Print the full listing below exactly, keeping every character as it stands.
☆ ☆ ☆ ☆ ☆ ☆ ☆
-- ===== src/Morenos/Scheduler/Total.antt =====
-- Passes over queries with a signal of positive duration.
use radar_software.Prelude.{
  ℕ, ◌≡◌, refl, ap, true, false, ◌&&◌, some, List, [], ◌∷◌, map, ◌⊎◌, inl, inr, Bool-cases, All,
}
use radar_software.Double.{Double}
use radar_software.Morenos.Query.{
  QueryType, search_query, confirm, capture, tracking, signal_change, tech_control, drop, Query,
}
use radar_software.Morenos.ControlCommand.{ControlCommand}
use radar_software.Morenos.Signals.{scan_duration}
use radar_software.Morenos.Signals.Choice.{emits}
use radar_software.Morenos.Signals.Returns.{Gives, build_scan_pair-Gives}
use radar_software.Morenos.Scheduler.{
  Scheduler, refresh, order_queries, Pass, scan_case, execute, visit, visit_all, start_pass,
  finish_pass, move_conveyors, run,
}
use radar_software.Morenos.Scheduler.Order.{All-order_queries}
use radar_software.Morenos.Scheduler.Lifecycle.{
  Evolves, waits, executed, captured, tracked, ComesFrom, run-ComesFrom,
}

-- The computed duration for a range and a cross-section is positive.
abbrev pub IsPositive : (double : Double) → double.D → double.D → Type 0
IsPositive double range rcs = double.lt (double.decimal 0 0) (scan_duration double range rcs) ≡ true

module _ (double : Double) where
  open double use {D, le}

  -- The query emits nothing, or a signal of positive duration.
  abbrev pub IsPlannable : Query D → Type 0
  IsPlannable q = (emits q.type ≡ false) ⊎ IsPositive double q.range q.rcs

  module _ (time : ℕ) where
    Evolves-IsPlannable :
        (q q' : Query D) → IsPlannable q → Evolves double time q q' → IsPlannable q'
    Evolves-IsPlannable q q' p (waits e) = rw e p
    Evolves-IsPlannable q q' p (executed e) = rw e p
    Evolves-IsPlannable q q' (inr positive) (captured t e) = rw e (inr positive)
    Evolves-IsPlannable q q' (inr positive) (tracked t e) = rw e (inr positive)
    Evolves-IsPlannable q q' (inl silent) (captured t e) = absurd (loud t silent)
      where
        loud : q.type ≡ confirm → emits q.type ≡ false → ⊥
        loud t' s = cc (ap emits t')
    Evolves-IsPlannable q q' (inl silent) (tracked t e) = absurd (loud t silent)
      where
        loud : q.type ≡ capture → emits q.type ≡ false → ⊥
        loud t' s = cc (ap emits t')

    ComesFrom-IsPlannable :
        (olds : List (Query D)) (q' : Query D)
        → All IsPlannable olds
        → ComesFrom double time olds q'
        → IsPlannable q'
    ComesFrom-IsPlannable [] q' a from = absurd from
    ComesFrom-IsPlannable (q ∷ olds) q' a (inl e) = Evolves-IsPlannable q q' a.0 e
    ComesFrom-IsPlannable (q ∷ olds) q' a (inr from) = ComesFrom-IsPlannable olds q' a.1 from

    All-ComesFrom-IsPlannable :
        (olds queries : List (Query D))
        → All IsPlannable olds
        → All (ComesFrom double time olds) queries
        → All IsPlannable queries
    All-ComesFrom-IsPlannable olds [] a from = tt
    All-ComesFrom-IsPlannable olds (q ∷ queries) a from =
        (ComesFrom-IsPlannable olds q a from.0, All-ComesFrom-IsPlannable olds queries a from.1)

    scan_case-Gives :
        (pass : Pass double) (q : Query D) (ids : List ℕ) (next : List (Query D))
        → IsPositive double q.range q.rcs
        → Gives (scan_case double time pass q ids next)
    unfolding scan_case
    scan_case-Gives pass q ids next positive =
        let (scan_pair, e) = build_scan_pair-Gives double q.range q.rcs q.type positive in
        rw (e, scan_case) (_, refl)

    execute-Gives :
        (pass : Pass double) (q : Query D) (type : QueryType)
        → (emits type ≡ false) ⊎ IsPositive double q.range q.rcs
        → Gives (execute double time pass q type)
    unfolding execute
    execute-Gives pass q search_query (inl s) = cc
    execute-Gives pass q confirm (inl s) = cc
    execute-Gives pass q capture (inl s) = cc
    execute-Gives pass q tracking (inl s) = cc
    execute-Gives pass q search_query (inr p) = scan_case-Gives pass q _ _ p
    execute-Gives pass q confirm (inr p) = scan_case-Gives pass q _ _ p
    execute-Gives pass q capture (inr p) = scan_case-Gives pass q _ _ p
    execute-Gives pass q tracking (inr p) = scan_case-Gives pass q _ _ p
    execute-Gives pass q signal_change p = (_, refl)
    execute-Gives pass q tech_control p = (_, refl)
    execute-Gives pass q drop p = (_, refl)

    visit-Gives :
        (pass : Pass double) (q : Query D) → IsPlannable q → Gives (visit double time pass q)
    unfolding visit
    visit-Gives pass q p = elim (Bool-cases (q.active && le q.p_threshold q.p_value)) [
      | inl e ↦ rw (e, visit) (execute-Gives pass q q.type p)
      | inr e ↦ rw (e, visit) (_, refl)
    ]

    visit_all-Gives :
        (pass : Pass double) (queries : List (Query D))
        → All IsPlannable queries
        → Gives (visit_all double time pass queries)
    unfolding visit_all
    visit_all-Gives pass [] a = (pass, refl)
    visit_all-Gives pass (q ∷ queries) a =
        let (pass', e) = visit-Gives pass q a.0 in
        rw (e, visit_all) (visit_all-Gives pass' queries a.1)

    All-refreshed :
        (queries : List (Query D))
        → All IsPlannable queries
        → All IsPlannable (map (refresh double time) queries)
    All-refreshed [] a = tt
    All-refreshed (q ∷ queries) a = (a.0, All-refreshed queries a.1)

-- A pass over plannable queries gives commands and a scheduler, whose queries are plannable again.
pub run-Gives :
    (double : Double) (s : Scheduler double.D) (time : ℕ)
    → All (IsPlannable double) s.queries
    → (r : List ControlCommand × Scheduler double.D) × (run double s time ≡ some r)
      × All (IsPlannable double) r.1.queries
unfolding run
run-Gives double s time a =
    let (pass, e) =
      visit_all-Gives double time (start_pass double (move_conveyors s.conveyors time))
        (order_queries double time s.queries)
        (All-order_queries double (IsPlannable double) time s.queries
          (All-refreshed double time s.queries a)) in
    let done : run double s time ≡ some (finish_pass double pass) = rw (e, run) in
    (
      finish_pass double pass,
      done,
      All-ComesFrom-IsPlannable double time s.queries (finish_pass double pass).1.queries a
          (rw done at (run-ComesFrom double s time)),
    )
☆ ☆ ☆ ☆ ☆ ☆ ☆
■ Solution for this exercise:
-- ===== src/Morenos/Scheduler/Total.antt =====
-- Passes over queries with a signal of positive duration.
use radar_software.Prelude.{
  ℕ, ◌≡◌, refl, ap, true, false, ◌&&◌, some, List, [], ◌∷◌, map, ◌⊎◌, inl, inr, Bool-cases, All,
}
use radar_software.Double.{Double}
use radar_software.Morenos.Query.{
  QueryType, search_query, confirm, capture, tracking, signal_change, tech_control, drop, Query,
}
use radar_software.Morenos.ControlCommand.{ControlCommand}
use radar_software.Morenos.Signals.{scan_duration}
use radar_software.Morenos.Signals.Choice.{emits}
use radar_software.Morenos.Signals.Returns.{Gives, build_scan_pair-Gives}
use radar_software.Morenos.Scheduler.{
  Scheduler, refresh, order_queries, Pass, scan_case, execute, visit, visit_all, start_pass,
  finish_pass, move_conveyors, run,
}
use radar_software.Morenos.Scheduler.Order.{All-order_queries}
use radar_software.Morenos.Scheduler.Lifecycle.{
  Evolves, waits, executed, captured, tracked, ComesFrom, run-ComesFrom,
}

-- The computed duration for a range and a cross-section is positive.
abbrev pub IsPositive : (double : Double) → double.D → double.D → Type 0
IsPositive double range rcs = double.lt (double.decimal 0 0) (scan_duration double range rcs) ≡ true

module _ (double : Double) where
  open double use {D, le}

  -- The query emits nothing, or a signal of positive duration.
  abbrev pub IsPlannable : Query D → Type 0
  IsPlannable q = (emits q.type ≡ false) ⊎ IsPositive double q.range q.rcs

  module _ (time : ℕ) where
    Evolves-IsPlannable :
        (q q' : Query D) → IsPlannable q → Evolves double time q q' → IsPlannable q'
    Evolves-IsPlannable q q' p (waits e) = rw e p
    Evolves-IsPlannable q q' p (executed e) = rw e p
    Evolves-IsPlannable q q' (inr positive) (captured t e) = rw e (inr positive)
    Evolves-IsPlannable q q' (inr positive) (tracked t e) = rw e (inr positive)
    Evolves-IsPlannable q q' (inl silent) (captured t e) = absurd (loud t silent)
      where
        loud : q.type ≡ confirm → emits q.type ≡ false → ⊥
        loud t' s = cc (ap emits t')
    Evolves-IsPlannable q q' (inl silent) (tracked t e) = absurd (loud t silent)
      where
        loud : q.type ≡ capture → emits q.type ≡ false → ⊥
        loud t' s = cc (ap emits t')

    ComesFrom-IsPlannable :
        (olds : List (Query D)) (q' : Query D)
        → All IsPlannable olds
        → ComesFrom double time olds q'
        → IsPlannable q'
    ComesFrom-IsPlannable [] q' a from = absurd from
    ComesFrom-IsPlannable (q ∷ olds) q' a (inl e) = Evolves-IsPlannable q q' a.0 e
    ComesFrom-IsPlannable (q ∷ olds) q' a (inr from) = ComesFrom-IsPlannable olds q' a.1 from

    All-ComesFrom-IsPlannable :
        (olds queries : List (Query D))
        → All IsPlannable olds
        → All (ComesFrom double time olds) queries
        → All IsPlannable queries
    All-ComesFrom-IsPlannable olds [] a from = tt
    All-ComesFrom-IsPlannable olds (q ∷ queries) a from =
        (ComesFrom-IsPlannable olds q a from.0, All-ComesFrom-IsPlannable olds queries a from.1)

    scan_case-Gives :
        (pass : Pass double) (q : Query D) (ids : List ℕ) (next : List (Query D))
        → IsPositive double q.range q.rcs
        → Gives (scan_case double time pass q ids next)
    unfolding scan_case
    scan_case-Gives pass q ids next positive =
        let (scan_pair, e) = build_scan_pair-Gives double q.range q.rcs q.type positive in
        rw (e, scan_case) (_, refl)

    execute-Gives :
        (pass : Pass double) (q : Query D) (type : QueryType)
        → (emits type ≡ false) ⊎ IsPositive double q.range q.rcs
        → Gives (execute double time pass q type)
    unfolding execute
    execute-Gives pass q search_query (inl s) = cc
    execute-Gives pass q confirm (inl s) = cc
    execute-Gives pass q capture (inl s) = cc
    execute-Gives pass q tracking (inl s) = cc
    execute-Gives pass q search_query (inr p) = scan_case-Gives pass q _ _ p
    execute-Gives pass q confirm (inr p) = scan_case-Gives pass q _ _ p
    execute-Gives pass q capture (inr p) = scan_case-Gives pass q _ _ p
    execute-Gives pass q tracking (inr p) = scan_case-Gives pass q _ _ p
    execute-Gives pass q signal_change p = (_, refl)
    execute-Gives pass q tech_control p = (_, refl)
    execute-Gives pass q drop p = (_, refl)

    visit-Gives :
        (pass : Pass double) (q : Query D) → IsPlannable q → Gives (visit double time pass q)
    unfolding visit
    visit-Gives pass q p = elim (Bool-cases (q.active && le q.p_threshold q.p_value)) [
      | inl e ↦ rw (e, visit) (execute-Gives pass q q.type p)
      | inr e ↦ rw (e, visit) (_, refl)
    ]

    visit_all-Gives :
        (pass : Pass double) (queries : List (Query D))
        → All IsPlannable queries
        → Gives (visit_all double time pass queries)
    unfolding visit_all
    visit_all-Gives pass [] a = (pass, refl)
    visit_all-Gives pass (q ∷ queries) a =
        let (pass', e) = visit-Gives pass q a.0 in
        rw (e, visit_all) (visit_all-Gives pass' queries a.1)

    All-refreshed :
        (queries : List (Query D))
        → All IsPlannable queries
        → All IsPlannable (map (refresh double time) queries)
    All-refreshed [] a = tt
    All-refreshed (q ∷ queries) a = (a.0, All-refreshed queries a.1)

-- A pass over plannable queries gives commands and a scheduler, whose queries are plannable again.
pub run-Gives :
    (double : Double) (s : Scheduler double.D) (time : ℕ)
    → All (IsPlannable double) s.queries
    → (r : List ControlCommand × Scheduler double.D) × (run double s time ≡ some r)
      × All (IsPlannable double) r.1.queries
unfolding run
run-Gives double s time a =
    let (pass, e) =
      visit_all-Gives double time (start_pass double (move_conveyors s.conveyors time))
        (order_queries double time s.queries)
        (All-order_queries double (IsPlannable double) time s.queries
          (All-refreshed double time s.queries a)) in
    let done : run double s time ≡ some (finish_pass double pass) = rw (e, run) in
    (
      finish_pass double pass,
      done,
      All-ComesFrom-IsPlannable double time s.queries (finish_pass double pass).1.queries a
          (rw done at (run-ComesFrom double s time)),
    )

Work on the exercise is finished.